Aim of the task
Each line with the word "processor" must appear in the answer, copied from the records.

The input

-- ===== src/Cpu/Arith/Sums.antt =====
-- The carry, the auxiliary carry and the overflow of additions.
use cpu_ia32_cpp.Base.{
  ℕ, ◌+◌, ◌%◌, ◌<◌, ◌≡◌, ap, ◌∙◌, some, arith, leb, int_of, Width, w8, w16, w32, size, sign_extend,
}
use cpu_ia32_cpp.Base.Bits.{bit_at, bit_and-mask, shifted-bit_at, bit_at-bit_xor, bit_at-bit_and}
use cpu_ia32_cpp.Cpu.State.{Cpu, add, adc}
use cpu_ia32_cpp.Cpu.Eflags.{cf_of, of_of, af_of}
use cpu_ia32_cpp.Cpu.Flags.{signed_add_overflows}
use cpu_ia32_cpp.Cpu.Arith.{leave, plus}

-- The processor after an addition without carry.
abbrev pub added : Width → ℕ → ℕ → Cpu → Cpu
added w d s c = leave w (add w) (plus w d s) (record c { lop2 = s })

pub cf-add :
    (w : Width) (d s : ℕ) (c : Cpu)
    → d < size w
    → s < size w
    → cf_of (add w) (added w d s c) ≡ some (int_of (leb (size w) (d + s + 0)))
unfolding cf_of
cf-add w8 d s c p q =
    ground (arith, bit_and-mask 8 (sign_extend w8 (plus w8 d s)), bit_and-mask 8 s)
cf-add w16 d s c p q =
    ground (arith, bit_and-mask 16 (sign_extend w16 (plus w16 d s)), bit_and-mask 16 s)
cf-add w32 d s c p q = ground arith

pub af-add :
    (w : Width) (d s : ℕ) (c : Cpu)
    → d < size w
    → s < size w
    → af_of (add w) (added w d s c) ≡ some (int_of (leb 16 (d % 16 + s % 16 + 0)))
unfolding af_of bit_at
af-add w8 d s c p q = ap some (shifted-bit_at 4 _ ∙ simp bit_at-bit_xor (ground arith))
af-add w16 d s c p q = ap some (shifted-bit_at 4 _ ∙ simp bit_at-bit_xor (ground arith))
af-add w32 d s c p q = ap some (shifted-bit_at 4 _ ∙ simp bit_at-bit_xor (ground arith))

pub of-add :
    (w : Width) (d s : ℕ) (c : Cpu)
    → d < size w
    → s < size w
    → of_of (add w) (added w d s c) ≡ some (int_of (signed_add_overflows w d s 0))
unfolding of_of bit_at
of-add w8 d s c p q =
    ap some (shifted-bit_at 7 _ ∙ simp (bit_at-bit_and, bit_at-bit_xor) (ground arith))
of-add w16 d s c p q =
    ap some (shifted-bit_at 15 _ ∙ simp (bit_at-bit_and, bit_at-bit_xor) (ground arith))
of-add w32 d s c p q =
    ap some (shifted-bit_at 31 _ ∙ simp (bit_at-bit_and, bit_at-bit_xor) (ground arith))

-- The processor after an addition with the carry `k`.
abbrev pub added_with : Width → ℕ → ℕ → ℕ → Cpu → Cpu
added_with w d s k c = leave w (adc w) (plus w d (s + k)) (record c { lop1 = d; lop2 = s })

pub cf-adc :
    (w : Width) (d s k : ℕ) (c : Cpu)
    → d < size w
    → s < size w
    → k < 2
    → cf_of (adc w) (added_with w d s k c) ≡ some (int_of (leb (size w) (d + s + k)))
unfolding cf_of bit_at
cf-adc w8 d s k c p q r =
    ap some (shifted-bit_at 7 _ ∙ simp (bit_at-bit_and, bit_at-bit_xor) (ground arith))
cf-adc w16 d s k c p q r =
    ap some (shifted-bit_at 15 _ ∙ simp (bit_at-bit_and, bit_at-bit_xor) (ground arith))
cf-adc w32 d s k c p q r =
    ap some (shifted-bit_at 31 _ ∙ simp (bit_at-bit_and, bit_at-bit_xor) (ground arith))

pub af-adc :
    (w : Width) (d s k : ℕ) (c : Cpu)
    → d < size w
    → s < size w
    → k < 2
    → af_of (adc w) (added_with w d s k c) ≡ some (int_of (leb 16 (d % 16 + s % 16 + k)))
unfolding af_of bit_at
af-adc w8 d s k c p q r = ap some (shifted-bit_at 4 _ ∙ simp bit_at-bit_xor (ground arith))
af-adc w16 d s k c p q r = ap some (shifted-bit_at 4 _ ∙ simp bit_at-bit_xor (ground arith))
af-adc w32 d s k c p q r = ap some (shifted-bit_at 4 _ ∙ simp bit_at-bit_xor (ground arith))

pub of-adc :
    (w : Width) (d s k : ℕ) (c : Cpu)
    → d < size w
    → s < size w
    → k < 2
    → of_of (adc w) (added_with w d s k c) ≡ some (int_of (signed_add_overflows w d s k))
unfolding of_of bit_at
of-adc w8 d s k c p q r =
    ap some (shifted-bit_at 7 _ ∙ simp (bit_at-bit_and, bit_at-bit_xor) (ground arith))
of-adc w16 d s k c p q r =
    ap some (shifted-bit_at 15 _ ∙ simp (bit_at-bit_and, bit_at-bit_xor) (ground arith))
of-adc w32 d s k c p q r =
    ap some (shifted-bit_at 31 _ ∙ simp (bit_at-bit_and, bit_at-bit_xor) (ground arith))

Result of the exercise
-- The processor after an addition without carry.
-- The processor after an addition with the carry `k`.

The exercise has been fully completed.